Looking forward to the tune though!

If you ever want to sell your tuner can you? I noticed you have to enter the VIN when you purchase it.

I assume with the EFI Live tuner you can download any updates from the internet if a new tune is released.


----------



## Merc6 (Jun 8, 2013)

The handheld you can sell but from what I remember the handhelds are hugely discounted. The original tuner may charge that buyer almost the same price as if they never had it. 

For us trifecta users, you sell the car with the tune on(with buyer knowing it's there) or you take it off and sell the cord. 


Sent from my iFail 5s


----------



## Danny5 (Dec 22, 2011)

MilTownSHO said:


> I know nothing about the Trifecta machine, have never put a tune on a car before.
> 
> They obtained extra power without increasing boost?! Do you know if they plan to in the future?


For the last 5 months they have been promising an update. I am not sure if it will include boost, or if any improvements.



MilTownSHO said:


> As far as updates, that's part of my concern. I have a feeling they are not going to touch it again. Just like when I had my SHO's, I understand a limited market.
> 
> Fleece customer support good at least? If you have a problem with the tune and all?


Took a couple of months, but they finally sent me an update. Once summer came in Arizona (think 110+ during the days, and 90s at night) I was throwing P0172 up to half a dozen times a week. (engine too rich). I run the 40 tune as a daily, so that might of had something to do with it. About 2 months ago, they sent me an update and I've had NO CELs since.



MilTownSHO said:


> So close to pulling the trigger, but $700 for something I really don't need... and possibly blowing something up are slowing my progress of hitting the buy button.
> 
> Is acceleration improved when already moving, biggest issue I have with this car is sometimes it feels like a complete dog when I go to pass someone.

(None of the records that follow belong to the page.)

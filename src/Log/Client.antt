-- ===== src/Log/Client.antt =====
-- ipc/mblue_global_ipc_method.c: the calls of the log service.
use mblue.Common.{
  ℕ, zero, suc, ◌+◌, ◌-◌, ◌*◌, ◌/◌, ◌%◌, ◌||◌, List, [], ◌∷◌, ◌++◌, ltb, leb, ◌==◌, if◌then◌else◌,
  Option, none, some, drop, get_or, length, replicate,
}
use mblue.Common.Words.{sub32, u32, signed}
use mblue.Errcode.{Errcode, err_unknown, err_pb_encode, err_nomem, err_log_level}
use mblue.SmartData.{get_integer}
use mblue.Schema.{Heap, mblue_free, taken}
use mblue.Message.Numbers.{log_service_rpc_base}
use mblue.Log.{max_log_cache_len, log_level_max}
use mblue.Log.Text.{write, snprintf, strlen, string, decimal}

-- What the calls use of the other components: `mblue_malloc`, `mblue_serialize_ipc` of a `dl_1` and of
-- a `dl_12` (NULL is 0), `mblue_remote_call` and `mblue_remote_call_async` to MBLUE_LOG_SERVICE with a
-- minor number and a payload.
pub record Ipc : Type 0 where
  pub malloc : ℕ → Heap → ℕ
  pub serialize_dl_1 : ℕ → Heap → ℕ × Heap
  pub serialize_dl_12 : ℕ → List ℕ → Heap → ℕ × Heap
  pub remote_call : ℕ → ℕ → Heap → ℕ × Heap
  pub remote_call_async : ℕ → ℕ → Heap → Errcode × Heap

-- The members of `enum LOG_SERVICE_MESSAGE` behind its base.
abbrev pub log_service_log : ℕ
log_service_log = log_service_rpc_base + 1

abbrev pub log_service_set_type_minor : ℕ
log_service_set_type_minor = log_service_rpc_base + 2

abbrev pub log_service_set_level_minor : ℕ
log_service_set_level_minor = log_service_rpc_base + 3

abbrev pub log_service_hex_minor : ℕ
log_service_hex_minor = log_service_rpc_base + 4

-- The synchronous call of a `dl_1`, which the next two functions share.
abbrev pub call_dl_1 : Ipc → ℕ → ℕ → Heap → Errcode × Heap
call_dl_1 ipc minor value heap =
    let (payload, sent) = ipc.serialize_dl_1 value heap in
    let (return_data, heap') = ipc.remote_call minor payload sent in
    if payload == 0 then (err_unknown, sent) else (signed (get_integer return_data), heap')

unfoldable pub log_service_set_type : Ipc → ℕ → Heap → Errcode × Heap
unfolding get_integer
log_service_set_type ipc type heap = call_dl_1 ipc log_service_set_type_minor type heap

unfoldable pub log_service_set_level : Ipc → ℕ → Heap → Errcode × Heap
unfolding get_integer
log_service_set_level ipc level heap = call_dl_1 ipc log_service_set_level_minor level heap

-- The loop of `__log_get_file_name_pointer`: what stands behind the last separator before `pos`.
unfoldable pub file_name_loop : List ℕ → ℕ → Option (List ℕ)
file_name_loop full_path zero = none
file_name_loop full_path (suc pos) =
    let rest = file_name_loop full_path pos in
    let c = get_or full_path pos 0 in
    if (c == b'\\') || (c == b'/') then some (drop (suc pos) full_path) else rest

unfoldable pub log_get_file_name_pointer : List ℕ → Option (List ℕ)
unfolding file_name_loop
log_get_file_name_pointer full_path = file_name_loop full_path (length full_path)

-- `mblue_serialize_ipc` of a bundle of bytes in a block, which is freed, and the call.
unfoldable pub send : Ipc → ℕ → ℕ → List ℕ → ℕ → Heap → Errcode × Heap
unfolding mblue_free
send ipc minor level bytes block heap =
    let (payload, serialized) = ipc.serialize_dl_12 level bytes heap in
    let freed = mblue_free block serialized in
    if payload == 0 then (err_pb_encode, freed) else ipc.remote_call_async minor payload freed

-- "%s[%d] " of a file name and a level.
abbrev pub prefix : List ℕ → ℕ → List ℕ
prefix name level = name ++ ((b'[' ∷ decimal 10 level) ++ (b']' ∷ b' ' ∷ []))

-- The second `vsnprintf` of `log_service_write`, at what the first one returned.
unfoldable pub append_message : ℕ → List ℕ → Option (List ℕ) → Option (List ℕ)
unfolding snprintf
append_message log_len message none = none
append_message log_len message (some headed) =
    snprintf headed log_len (sub32 max_log_cache_len log_len) message

-- The block that `log_service_write` fills, for what `__log_get_file_name_pointer` returns; `none`
-- where it writes behind the end.
unfoldable pub entry : ℕ → List ℕ → Option (List ℕ) → Option (List ℕ)
unfolding snprintf append_message
entry level message none = snprintf (replicate max_log_cache_len 0) 0 max_log_cache_len message
entry level message (some p) =
    append_message (length (prefix p level)) message
      (snprintf (replicate max_log_cache_len 0) 0 (max_log_cache_len - 1) (prefix p level))

-- `log_service_write`; `message` is what `fmt` and its arguments print.
unfoldable pub log_service_write : Ipc → ℕ → List ℕ → List ℕ → Heap → Option (Errcode × Heap)
unfolding log_get_file_name_pointer entry string send
log_service_write ipc level source message heap =
    let tmp = ipc.malloc max_log_cache_len heap in
    if leb log_level_max level
    then some (err_log_level, heap)
    else if tmp == 0
    then some (err_nomem, heap)
    else elim (entry level message (log_get_file_name_pointer source)) [
      | none ↦ none
      | some text ↦ some (send ipc log_service_log level (string text) tmp (taken tmp heap))
    ]

-- `%x` of a byte.
unfoldable pub hex_digit : ℕ → ℕ
hex_digit d = if ltb d 10 then b'0' + d else b'a' + (d - 10)

unfoldable pub hexadecimal : ℕ → List ℕ
unfolding hex_digit
hexadecimal c = if ltb c 16 then hex_digit c ∷ [] else hex_digit (c / 16) ∷ hex_digit (c % 16) ∷ []

-- The loop of `log_service_hex` over its block.
unfoldable pub hex_loop : List ℕ → List ℕ → Option (List ℕ)
unfolding snprintf strlen hexadecimal
hex_loop [] block = some block
hex_loop (c ∷ buffer) block =
    let text = if ltb c 16 then b'0' ∷ hexadecimal c else hexadecimal c in
    elim (snprintf block (strlen block) 3 text) [
      | none ↦ none
      | some block' ↦ hex_loop buffer block'
    ]

-- `log_service_hex` behind its loop: the digits go behind the prefix, `filled` is the second block.
unfoldable pub send_hex : Ipc → ℕ → ℕ → Heap → Option (List ℕ) → Option (Errcode × Heap)
unfolding string send
send_hex ipc data_array temp heap none = none
send_hex ipc data_array temp heap (some filled) =
    if temp == 0
    then none
    else some (
        send ipc log_service_hex_minor 0 (string filled) temp
          (mblue_free data_array (taken temp (taken data_array heap))))

unfoldable pub print_hex : Ipc → List ℕ → ℕ → Heap → Option (List ℕ) → Option (Errcode × Heap)
unfolding string strlen write send_hex
print_hex ipc name data_array heap none = none
print_hex ipc name data_array heap (some block) =
    let size = u32 (length name + strlen block + 16) in
    let temp = ipc.malloc size (taken data_array heap) in
    let text = name ++ ((b':' ∷ string block) ++ (b'\n' ∷ [])) in
    if data_array == 0
    then none
    else send_hex ipc data_array temp heap (write (replicate size 0) 0 (text ++ (0 ∷ [])))

-- `log_service_hex`; `none` where it writes through NULL or behind the end of a block.
unfoldable pub log_service_hex : Ipc → List ℕ → List ℕ → Heap → Option (Errcode × Heap)
unfolding hex_loop print_hex
log_service_hex ipc name buffer heap =
    let size = u32 (length buffer * 3 + 8) in
    print_hex ipc name (ipc.malloc size heap) heap (hex_loop buffer (replicate size 0))
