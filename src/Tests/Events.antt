-- ===== src/Tests/Events.antt =====
-- A run of the event queue: two events are added, one delayed, and woken, deleted and rescheduled.
use mblue.Common.{
  ◌≡◌, refl, true, false, Option, some, none, [], ◌∷◌, ◌++◌, ◌==◌, arith, if◌then◌else◌,
}
use mblue.Message.Pool.{link_from}
use mblue.SmartData.{pb_payload}
use mblue.Errcode.{Errcode, ok, element_exit}
use mblue.Timer.{
  TimerList, zero_timer, get_timer_list_instance, mblue_timer_get, take_first, platform_timer_init,
  platform_timer_start,
}
use mblue.EventQueue.{
  Element, EventQueue, Client, find_type, event_queue_init, event_queue_add, event_queue_delete,
  delete_loop, event_queue_get_element, event_queue_wakeup, arm, link, start, wake_first, run_chain,
  after_wakeup, free_event_element, blocks_of, release_tick, start_timer,
}
use mblue.EventQueue.Delete.{IsEventQueue, other_types}
use mblue.EventQueue.Helper.{reschedule_delayed_event_with_type}
use mblue.EventQueue.Reschedule.{reschedule_lem}
use mblue.EventQueue.Wakeup.{Reach, Reach-IsEventQueue}

-- The handler at address 900 ends its element, the others keep it; every timer is created.
abbrev client : Client
client = record {
  handle = λ f e param. if f == 900 then element_exit else ok;
  timer_create = λ t. true;
  timer_block = λ t. 96;
}

abbrev no_timers : TimerList
no_timers = record { ready = false; timer_lists = []; timer_pool = λ i. zero_timer }

abbrev raw : EventQueue
raw = record {
  self = 500;
  event_bm = 7;
  queue = [];
  context = 0;
  timer_function = 0;
  timers = no_timers;
  freed = [];
  calls = [];
}

-- An event of type 1 that waits, and a delayed one of type 2.
abbrev waiting : Element
waiting = record {
  address = 0;
  type = 1;
  mode = 1;
  period = 0;
  tick = none;
  src = 0;
  smart_data = 0x8040;
  call_chain = 0 ∷ 900 ∷ 0 ∷ 0 ∷ [];
}

abbrev delayed : Element
delayed = record waiting {
  type = 2;
  period = 100;
  smart_data = 0;
  call_chain = 0 ∷ 700 ∷ 0 ∷ 0 ∷ [];
}

abbrev queue_of : Option (Errcode × EventQueue) → EventQueue
queue_of none = raw
queue_of (some (ret, q)) = q

abbrev one_event : EventQueue
one_event = queue_of (event_queue_add client (event_queue_init raw 3) waiting (some 600))

abbrev two_events : EventQueue
two_events = queue_of (event_queue_add client one_event delayed (some 700))

one_event-Reach : Reach client one_event
unfolding event_queue_add event_queue_init arm link start
one_event-Reach = Reach.added waiting (some 600) (Reach.init raw 3) (omega arith) refl

two_events-Reach : Reach client two_events
unfolding event_queue_add event_queue_init arm link start mblue_timer_get get_timer_list_instance
    take_first link_from start_timer platform_timer_init platform_timer_start
two_events-Reach = Reach.added delayed (some 700) one_event-Reach (omega arith) refl

-- The element of type 2 is deleted: the block of its timer and itself are freed.
deleted_timed : (event_queue_delete two_events 2).1.freed ≡ 96 ∷ 700 ∷ []
unfolding event_queue_delete delete_loop free_event_element blocks_of release_tick event_queue_add
    event_queue_init arm link start mblue_timer_get get_timer_list_instance take_first link_from
    start_timer platform_timer_init platform_timer_start pb_payload
deleted_timed = refl

-- The element of type 1 ends: its payload and itself are freed.
woken_once : (event_queue_wakeup client two_events 1 55).1.freed ≡ 0x8040 ∷ 600 ∷ []
unfolding event_queue_wakeup wake_first run_chain after_wakeup free_event_element blocks_of
    release_tick event_queue_add event_queue_init arm link start mblue_timer_get
    get_timer_list_instance take_first link_from start_timer platform_timer_init
    platform_timer_start pb_payload
woken_once = refl

Reach-IsEventQueue_example : IsEventQueue (event_queue_wakeup client two_events 1 55).1
Reach-IsEventQueue_example =
    Reach-IsEventQueue client (Reach.woken 1 55 two_events-Reach (omega arith))

abbrev waiting_here : Element
waiting_here = record waiting { address = 600 }

abbrev delayed_here : Element
delayed_here = record delayed { address = 700; tick = some 0 }

reschedule_lem_example :
    (one : Element) × (q' : EventQueue) × (reschedule_delayed_event_with_type client two_events 250
        2 710
        (some 800)
      ≡ some (ok, q'))
    × (q'.queue ≡ other_types 2 two_events.queue ++ (one ∷ []))
    × (one.type ≡ 2)
    × (one.period ≡ 250)
    × (one.call_chain ≡ 0 ∷ 710 ∷ 0 ∷ 0 ∷ [])
    × (one.address ≡ 800)
unfolding event_queue_get_element find_type event_queue_add event_queue_init arm link start
    mblue_timer_get get_timer_list_instance take_first link_from start_timer platform_timer_init
    platform_timer_start
reschedule_lem_example =
    reschedule_lem client two_events 250 2 710 800 (omega arith)
      (Reach-IsEventQueue client two_events-Reach) (refl) refl (λ e. omega arith)
      (λ i e. omega arith)
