-- ===== src/Tests/Heap.antt =====
-- Runs of the wrapper of the heap.
use mblue.Common.{◌≡◌, refl, arith}
use mblue.Heap.{alignment_up, mblue_align, mblue_malloc}
use mblue.Heap.Align.{IsZeroed, mblue_malloc-IsZeroed}

align_33 : mblue_align 33 ≡ 48
unfolding mblue_align alignment_up
align_33 = refl

-- Behind 2 ^ 32 - 16 the size that is asked for is 0, and all the bytes are cleared all the same.
align_too_large : mblue_align 0xFFFFFFF1 ≡ 0
unfolding mblue_align alignment_up
align_too_large = refl

mblue_malloc-IsZeroed_example :
    IsZeroed (λ a. 7) 4096 33 (mblue_align 33) (mblue_malloc (λ size. 4096) (λ a. 7) 33)
mblue_malloc-IsZeroed_example =
    mblue_malloc-IsZeroed (λ size. 4096) (λ a. 7) 33 (omega arith)
      (λ (e : 4096 ≡ 0). absurd (omega arith))
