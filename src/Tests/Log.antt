-- ===== src/Tests/Log.antt =====
-- Runs of the log.
use mblue.Common.{ℕ, ◌≡◌, ◌+◌, ◌*◌, refl, List, [], ◌∷◌, none, some, replicate, arith}
use mblue.Errcode.{ok}
use mblue.Clock.{Calendar}
use mblue.Log.{
  LogManager, custom_print, log_init, logger_get_instance, log_set_stream, service_launch,
  log_set_type,
}
use mblue.Log.Text.{decimal, IsText, replicate-IsText}
use mblue.Log.Client.{
  Ipc, log_get_file_name_pointer, file_name_loop, log_service_write, log_service_hex, send,
  log_service_log, log_service_hex_minor,
}
use mblue.Log.Entry.{text, log_service_write_lem, log_service_write-overrun}
use mblue.Log.Hex.{hex, unhex}
use mblue.Log.Dump.{dump, log_service_hex_lem}

abbrev noon : Calendar
noon = record { year = 2018; month = 9; day = 11; hour = 12; minute = 0; second = 5 }

abbrev manager : LogManager
manager = record {
  stream_write = some custom_print;
  cache = replicate 128 0;
  log_level = 4;
  log_type = 2;
}

launched : service_launch (logger_get_instance none) ≡ manager
unfolding service_launch log_set_type logger_get_instance log_init log_set_stream
launched = refl

-- "hi"
abbrev hi : List ℕ
hi = 0x68 ∷ 0x69 ∷ []

-- "a/b.c"
abbrev path : List ℕ
path = 0x61 ∷ 0x2F ∷ 0x62 ∷ 0x2E ∷ 0x63 ∷ []

name_of_path : log_get_file_name_pointer path ≡ some (0x62 ∷ 0x2E ∷ 0x63 ∷ [])
unfolding log_get_file_name_pointer file_name_loop
name_of_path = refl

-- A block's address tells how much was asked for.
abbrev plain : Ipc
plain = record {
  malloc = λ size heap. 1024 + 8 * size;
  serialize_dl_1 = λ value heap. (64, heap);
  serialize_dl_12 = λ level bytes heap. (64, heap);
  remote_call = λ minor payload heap. (1, heap);
  remote_call_async = λ minor payload heap. (ok, heap);
}

log_service_write_lem_example :
    log_service_write plain 3 path hi (some [])
    ≡ some (send plain log_service_log 3 (text 3 path hi) 2048 (some (2048 ∷ [])))
unfolding log_get_file_name_pointer file_name_loop decimal
log_service_write_lem_example =
    log_service_write_lem plain 3 2048 path hi []
      (omega arith, (omega arith, (omega arith, (omega arith, (omega arith, tt)))))
      (omega arith, (omega arith, tt)) (omega arith) (omega arith) refl (λ e. omega arith)

-- The text that is sent: "b.c[3] hi"
sent : text 3 path hi ≡ 0x62 ∷ 0x2E ∷ 0x63 ∷ 0x5B ∷ 0x33 ∷ 0x5D ∷ 0x20 ∷ 0x68 ∷ 0x69 ∷ []
unfolding log_get_file_name_pointer file_name_loop decimal
sent = refl

-- A slash and a name of 125 characters.
abbrev long_name : List ℕ
long_name = replicate 125 0x61

long_path-IsText : IsText (0x2F ∷ long_name)
long_path-IsText = (omega arith, replicate-IsText 125 0x61 (omega arith))

log_service_write-overrun_example : log_service_write plain 3 (0x2F ∷ long_name) hi (some []) ≡ none
unfolding log_get_file_name_pointer file_name_loop decimal
log_service_write-overrun_example =
    log_service_write-overrun plain 3 2048 (0x2F ∷ long_name) hi long_name [] long_path-IsText refl
      (omega arith) (omega arith) (omega arith) refl (λ e. omega arith)

log_service_hex_lem_example :
    (log_service_hex plain hi (10 ∷ 255 ∷ []) (some [])
      ≡ some (send plain log_service_hex_minor 0 (dump hi (10 ∷ 255 ∷ [])) 1200 (some (1200 ∷ []))))
    × (unhex (hex (10 ∷ 255 ∷ [])) ≡ 10 ∷ 255 ∷ [])
log_service_hex_lem_example =
    log_service_hex_lem plain hi (10 ∷ 255 ∷ []) [] 1136 1200 (omega arith, (omega arith, tt))
      (omega arith, (omega arith, tt)) (omega arith) refl (λ e. omega arith) refl (λ e. omega arith)
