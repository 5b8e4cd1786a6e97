-- ===== src/Tests/Map.antt =====
-- Runs of the vectors of payloads.
use mblue.Common.{ℕ, ◌≡◌, refl, inl, inr, List, [], ◌∷◌, some, arith}
use mblue.SmartData.{integer_p}
use mblue.Map.{
  Memory, byte, payload_vector_put, payload_vector_iter_init, guard_magic, payload_vector_alloc,
  payload_parse_vector, payload_vector_release, release_entries, release_entry,
}
use mblue.Map.Vector.{AreIntegers, IsParsed}
use mblue.Map.Fill.{filled, put_all, payload_parse_vector-put_all}

abbrev zeroed : Memory
zeroed = record {
  payloads = λ a. record { type = byte; length = 0; elts = 0 };
  words = λ a. 0;
  freed = [];
}

-- The integers 7 and 8 with their tags.
abbrev entries : List ℕ
entries = 29 ∷ 33 ∷ []

entries-AreIntegers : AreIntegers entries
unfolding integer_p
entries-AreIntegers = (
  refl,
  (λ (e : 29 ≡ guard_magic). absurd (omega arith)),
  (refl, (λ (e : 33 ≡ guard_magic). absurd (omega arith)), tt),
)

-- With the struct right behind the block for three entries the third entry becomes its length.
struct_hit : ((filled zeroed 144 128 (29 ∷ 33 ∷ 37 ∷ [])).payloads 144).length ≡ 37
unfolding put_all payload_vector_alloc payload_vector_iter_init payload_vector_put
struct_hit = refl

-- The pointer that is freed is 8 bytes behind the one that was allocated.
frees_inside :
    payload_vector_release 1 (filled zeroed 64 128 entries) 64
    ≡ some (record (filled zeroed 64 128 entries) { freed = 64 ∷ 136 ∷ [] })
unfolding payload_vector_release release_entries release_entry put_all payload_vector_alloc
    payload_vector_iter_init
frees_inside = refl

payload_parse_vector-put_all_example :
    IsParsed
      (filled zeroed 64 128 entries)
      512
      entries
      (payload_parse_vector 2 (filled zeroed 64 128 entries) 64 512)
payload_parse_vector-put_all_example =
    payload_parse_vector-put_all 2 zeroed 64 128 512 29 (33 ∷ [])
      (λ (e : 64 ≡ 0). absurd (omega arith)) (λ (e : 128 ≡ 0). absurd (omega arith))
      entries-AreIntegers (omega arith) (omega arith) (inr (omega arith)) (inl (omega arith))
      (inl (omega arith))
      (
        (λ (e : 0 ≡ guard_magic). absurd (omega arith)),
        ((λ (e : 0 ≡ guard_magic). absurd (omega arith)), tt),
      )
      (omega arith)
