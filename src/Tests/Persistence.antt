-- ===== src/Tests/Persistence.antt =====
-- Runs of the log in flash.
use mblue.Common.{ℕ, ◌≡◌, ◌≤◌, refl, if◌then◌else◌, ◌==◌, inr, [], ◌∷◌, some, true, false, arith}
use mblue.Persistence.{
  read, persistence_read, read_until, read_to, erase_ahead, write_here, Section, Device,
  Persistence, persistence_write,
}
use mblue.Persistence.Write.{IsWritten, persistence_write-IsWritten}
use mblue.Persistence.Unread.{IsReadable, unread, steps}
use mblue.Persistence.Drain.{drain, IsDrained, drain_lem}
use mblue.Persistence.Logger.{
  Flash, logger_handler, find_loop, is_valid_head_index, is_head, find_valid_head_index,
  magic_number, head_valid_flag,
}
use mblue.Persistence.Head.{IsSearch, find_valid_head_index_lem}

-- A driver that does what it is asked, with sectors of 8 bytes.
abbrev ready : Device
ready = record {
  write_cb = λ addr buffer. 1;
  read_cb = λ addr len. 1;
  erase_cb = λ addr len. 1;
  sector_size = λ addr. 8;
}

-- A section of 24 bytes that has been filled and begun again: the log goes from 116 around its end to
-- 110.
abbrev ring : Section
ring = record {
  start_addr = 100;
  end_addr = 124;
  cur_write_addr = 110;
  cur_read_addr = 120;
  data_start_addr = 116;
  data_end_addr = 110;
  erase_addr = 116;
  magic = magic_number;
  valid = head_valid_flag;
}

abbrev ring_log : Persistence
ring_log = record { section = ring; calls = [] }

ring-IsReadable : IsReadable ring
ring-IsReadable = record {
  read_low = omega arith;
  read_high = omega arith;
  data_low = omega arith;
  end_low = omega arith;
  end_high = omega arith;
  small = omega arith;
  place = inr (omega arith, omega arith);
}

unread-ring :
    unread ring
    ≡ 120 ∷ 121 ∷ 122 ∷ 123 ∷ 100 ∷ 101 ∷ 102 ∷ 103 ∷ 104 ∷ 105 ∷ 106 ∷ 107 ∷ 108 ∷ 109 ∷ []
unfolding unread
unread-ring = refl

steps-ring : steps ring ≤ 20
unfolding steps
steps-ring = omega arith

drain_lem_example : IsDrained ring_log (drain 20 ready 3 ring_log)
drain_lem_example =
    drain_lem 20 ready 3 ring_log (λ addr n (e : 1 ≡ 0). absurd (omega arith)) (omega arith)
      (omega arith) ring-IsReadable steps-ring

-- The write position is 4 bytes before the end of the section.
abbrev near_end : Section
near_end = record ring {
  cur_write_addr = 120;
  data_end_addr = 120;
  data_start_addr = 100;
  cur_read_addr = 100;
}

abbrev near_end_log : Persistence
near_end_log = record { section = near_end; calls = [] }

persistence_write-IsWritten_example :
    IsWritten ready near_end_log
      (1 ∷ 2 ∷ 3 ∷ 4 ∷ 5 ∷ 6 ∷ [])
      ((persistence_write ready near_end_log (1 ∷ 2 ∷ 3 ∷ 4 ∷ 5 ∷ 6 ∷ [])).1)
persistence_write-IsWritten_example =
    persistence_write-IsWritten ready near_end_log (1 ∷ 2 ∷ 3 ∷ 4 ∷ 5 ∷ 6 ∷ [])
      (omega arith, omega arith, omega arith) tt (omega arith)

-- A flash whose third head is the valid one.
abbrev head_of : ℕ → Section
head_of valid = record ring { valid = valid }

abbrev third : Flash
third = record {
  read_head = λ addr. head_of (if addr == 0x0800C048 then head_valid_flag else 0);
  read_bytes = λ addr len. [];
  erase_complete = λ addr len. true;
  in_sector_5 = λ addr. false;
  addr_head = 0x0800C000;
  addr_sector1 = 0x08010000;
  addr_sector2 = 0x08020000;
}

find_third :
    find_valid_head_index 456 third logger_handler
    ≡ some (true, record { config = head_of head_valid_flag; head_index = 3 })
unfolding find_valid_head_index find_loop is_valid_head_index is_head
find_third = refl

find_valid_head_index_lem_example :
    IsSearch third logger_handler (find_valid_head_index 456 third logger_handler)
find_valid_head_index_lem_example =
    find_valid_head_index_lem 456 third logger_handler (omega arith) (omega arith)

-- A writer has gone past the reader: the driver is asked for 2 bytes less than 2 ^ 32.
abbrev overtaken : Persistence
overtaken = record { section = record ring { cur_read_addr = 112 }; calls = [] }

overtaken_reads : (persistence_read ready overtaken 3).1.calls ≡ read 112 0xFFFFFFFE ∷ []
unfolding persistence_read read_until read_to
overtaken_reads = refl

-- The last sector ends at 124, behind the last byte 123 of the section: the log begins behind it.
abbrev last_sector : Persistence
last_sector = record {
  section = record ring {
    end_addr = 123;
    cur_write_addr = 114;
    cur_read_addr = 124;
    data_start_addr = 116;
  };
  calls = [];
}

data_start_behind :
    (persistence_write ready last_sector (1 ∷ 2 ∷ 3 ∷ [])).1.section.data_start_addr ≡ 124
unfolding persistence_write erase_ahead write_here
data_start_behind = refl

Part throttle acceleration is AMAZING now. Passing people is effortless. In truth, passing people on the fwy happens a lot more often because it's just so FUN. 



MilTownSHO said:


> Wish someone close had the tune so I could test drive it.
> 
> I guess the biggest question is it something that really makes the car that much more enjoyable to drive and is worth the risk of destroying the car. I know this isn't a race car, I bought this car as a commuter and need it to last. On the other hand I spend so much time in it, making it more fun to drive wouldn't be a bad thing.


The Fleece tune does not make a race car, but rather a much more capable car out of your Diesel.



MilTownSHO said:


> Funny thing, I just said screw it and ordered it.
> 
> Not happy having to pay another $14 bucks to ship something I just paid $697 for though.


You could have ordered through a reseller for a better price and saved a few bucks. I bought mine through Extreme Diesel for $620.



MilTownSHO said:


> Looking forward to the tune though!
> 
> If you ever want to sell your tuner can you? I noticed you have to enter the VIN when you purchase it.
> 
> I assume with the EFI Live tuner you can download any updates from the internet if a new tune is released.


The first thing that will happen is the tuner will "lock" to your car's VIN. After that, it's useless to anybody else. Fleece has emailed me an updated set of tunes which I simply loaded onto the device and then uploaded to my car.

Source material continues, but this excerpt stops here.